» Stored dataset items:
-- Opening Marker --

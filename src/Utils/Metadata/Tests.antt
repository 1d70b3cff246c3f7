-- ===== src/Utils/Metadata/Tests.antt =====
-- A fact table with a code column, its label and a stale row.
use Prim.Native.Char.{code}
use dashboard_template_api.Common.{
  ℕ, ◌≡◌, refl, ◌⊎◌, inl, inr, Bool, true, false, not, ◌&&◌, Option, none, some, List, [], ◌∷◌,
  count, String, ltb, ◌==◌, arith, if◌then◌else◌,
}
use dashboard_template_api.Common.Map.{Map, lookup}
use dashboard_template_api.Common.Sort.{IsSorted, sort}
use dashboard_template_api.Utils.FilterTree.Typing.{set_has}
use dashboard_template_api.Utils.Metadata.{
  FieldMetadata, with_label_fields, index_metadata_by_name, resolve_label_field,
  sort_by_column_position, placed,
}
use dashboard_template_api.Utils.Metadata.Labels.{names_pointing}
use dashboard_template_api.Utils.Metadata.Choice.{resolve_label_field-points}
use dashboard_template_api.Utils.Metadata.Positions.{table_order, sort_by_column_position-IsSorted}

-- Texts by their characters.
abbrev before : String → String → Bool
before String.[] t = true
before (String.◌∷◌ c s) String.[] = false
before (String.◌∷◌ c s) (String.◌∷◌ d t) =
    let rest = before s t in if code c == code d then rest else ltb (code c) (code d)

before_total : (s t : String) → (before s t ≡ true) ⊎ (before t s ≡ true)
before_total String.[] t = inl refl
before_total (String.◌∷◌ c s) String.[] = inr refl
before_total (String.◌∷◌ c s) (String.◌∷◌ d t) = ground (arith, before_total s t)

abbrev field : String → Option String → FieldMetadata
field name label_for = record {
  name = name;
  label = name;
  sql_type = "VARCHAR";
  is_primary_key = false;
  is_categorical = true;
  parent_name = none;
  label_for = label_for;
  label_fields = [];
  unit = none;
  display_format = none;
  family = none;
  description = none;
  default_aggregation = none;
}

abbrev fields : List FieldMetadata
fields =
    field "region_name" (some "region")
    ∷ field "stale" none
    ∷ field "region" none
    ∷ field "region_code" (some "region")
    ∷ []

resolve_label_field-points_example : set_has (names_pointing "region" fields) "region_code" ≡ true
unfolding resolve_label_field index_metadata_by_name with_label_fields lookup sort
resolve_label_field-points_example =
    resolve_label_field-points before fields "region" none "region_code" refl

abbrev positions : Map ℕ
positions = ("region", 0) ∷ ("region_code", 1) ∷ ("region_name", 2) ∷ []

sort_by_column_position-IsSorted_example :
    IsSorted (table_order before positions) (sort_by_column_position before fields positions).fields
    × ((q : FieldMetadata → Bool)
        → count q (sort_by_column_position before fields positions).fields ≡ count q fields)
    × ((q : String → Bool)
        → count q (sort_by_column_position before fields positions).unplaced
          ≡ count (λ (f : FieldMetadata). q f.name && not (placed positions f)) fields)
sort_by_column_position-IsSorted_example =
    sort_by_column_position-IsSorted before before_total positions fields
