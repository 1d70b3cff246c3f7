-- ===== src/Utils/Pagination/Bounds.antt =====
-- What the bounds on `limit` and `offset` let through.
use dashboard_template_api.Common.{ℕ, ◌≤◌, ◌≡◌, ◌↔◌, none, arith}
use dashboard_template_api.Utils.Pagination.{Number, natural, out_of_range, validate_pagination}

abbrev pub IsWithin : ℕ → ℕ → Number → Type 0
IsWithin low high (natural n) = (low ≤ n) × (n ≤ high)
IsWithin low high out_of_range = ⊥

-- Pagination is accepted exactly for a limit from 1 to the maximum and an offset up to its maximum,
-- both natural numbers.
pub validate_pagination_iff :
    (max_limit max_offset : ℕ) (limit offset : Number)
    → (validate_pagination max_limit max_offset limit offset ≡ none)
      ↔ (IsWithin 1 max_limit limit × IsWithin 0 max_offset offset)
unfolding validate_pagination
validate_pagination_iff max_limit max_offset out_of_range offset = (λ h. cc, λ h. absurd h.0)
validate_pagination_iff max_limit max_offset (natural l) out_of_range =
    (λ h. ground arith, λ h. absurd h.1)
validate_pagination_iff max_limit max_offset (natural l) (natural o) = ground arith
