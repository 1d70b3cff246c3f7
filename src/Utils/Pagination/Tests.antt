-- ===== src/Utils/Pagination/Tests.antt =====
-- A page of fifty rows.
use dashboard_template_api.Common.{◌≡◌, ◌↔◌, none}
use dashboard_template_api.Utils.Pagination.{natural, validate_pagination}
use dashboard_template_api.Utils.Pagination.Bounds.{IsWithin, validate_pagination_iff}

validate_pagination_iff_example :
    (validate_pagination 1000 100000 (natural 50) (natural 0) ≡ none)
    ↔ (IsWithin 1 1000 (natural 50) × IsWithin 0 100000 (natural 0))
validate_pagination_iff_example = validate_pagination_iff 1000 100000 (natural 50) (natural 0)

-- Closing Marker --

» Problem: Wherever the line holding "resolve_label_field-points before fields" falls in the entries above, copy exactly from it through the line holding "offset ≡ none)", inclusive, and add nothing.

» Answer for the task:
    resolve_label_field-points before fields "region" none "region_code" refl

abbrev positions : Map ℕ
positions = ("region", 0) ∷ ("region_code", 1) ∷ ("region_name", 2) ∷ []

sort_by_column_position-IsSorted_example :
    IsSorted (table_order before positions) (sort_by_column_position before fields positions).fields
    × ((q : FieldMetadata → Bool)
        → count q (sort_by_column_position before fields positions).fields ≡ count q fields)
    × ((q : String → Bool)
        → count q (sort_by_column_position before fields positions).unplaced
          ≡ count (λ (f : FieldMetadata). q f.name && not (placed positions f)) fields)
sort_by_column_position-IsSorted_example =
    sort_by_column_position-IsSorted before before_total positions fields
repository 1d70b3cff246c3f7
-- ===== src/Utils/Pagination/Bounds.antt =====
-- What the bounds on `limit` and `offset` let through.
use dashboard_template_api.Common.{ℕ, ◌≤◌, ◌≡◌, ◌↔◌, none, arith}
use dashboard_template_api.Utils.Pagination.{Number, natural, out_of_range, validate_pagination}

abbrev pub IsWithin : ℕ → ℕ → Number → Type 0
IsWithin low high (natural n) = (low ≤ n) × (n ≤ high)
IsWithin low high out_of_range = ⊥

-- Pagination is accepted exactly for a limit from 1 to the maximum and an offset up to its maximum,
-- both natural numbers.
pub validate_pagination_iff :
    (max_limit max_offset : ℕ) (limit offset : Number)
    → (validate_pagination max_limit max_offset limit offset ≡ none)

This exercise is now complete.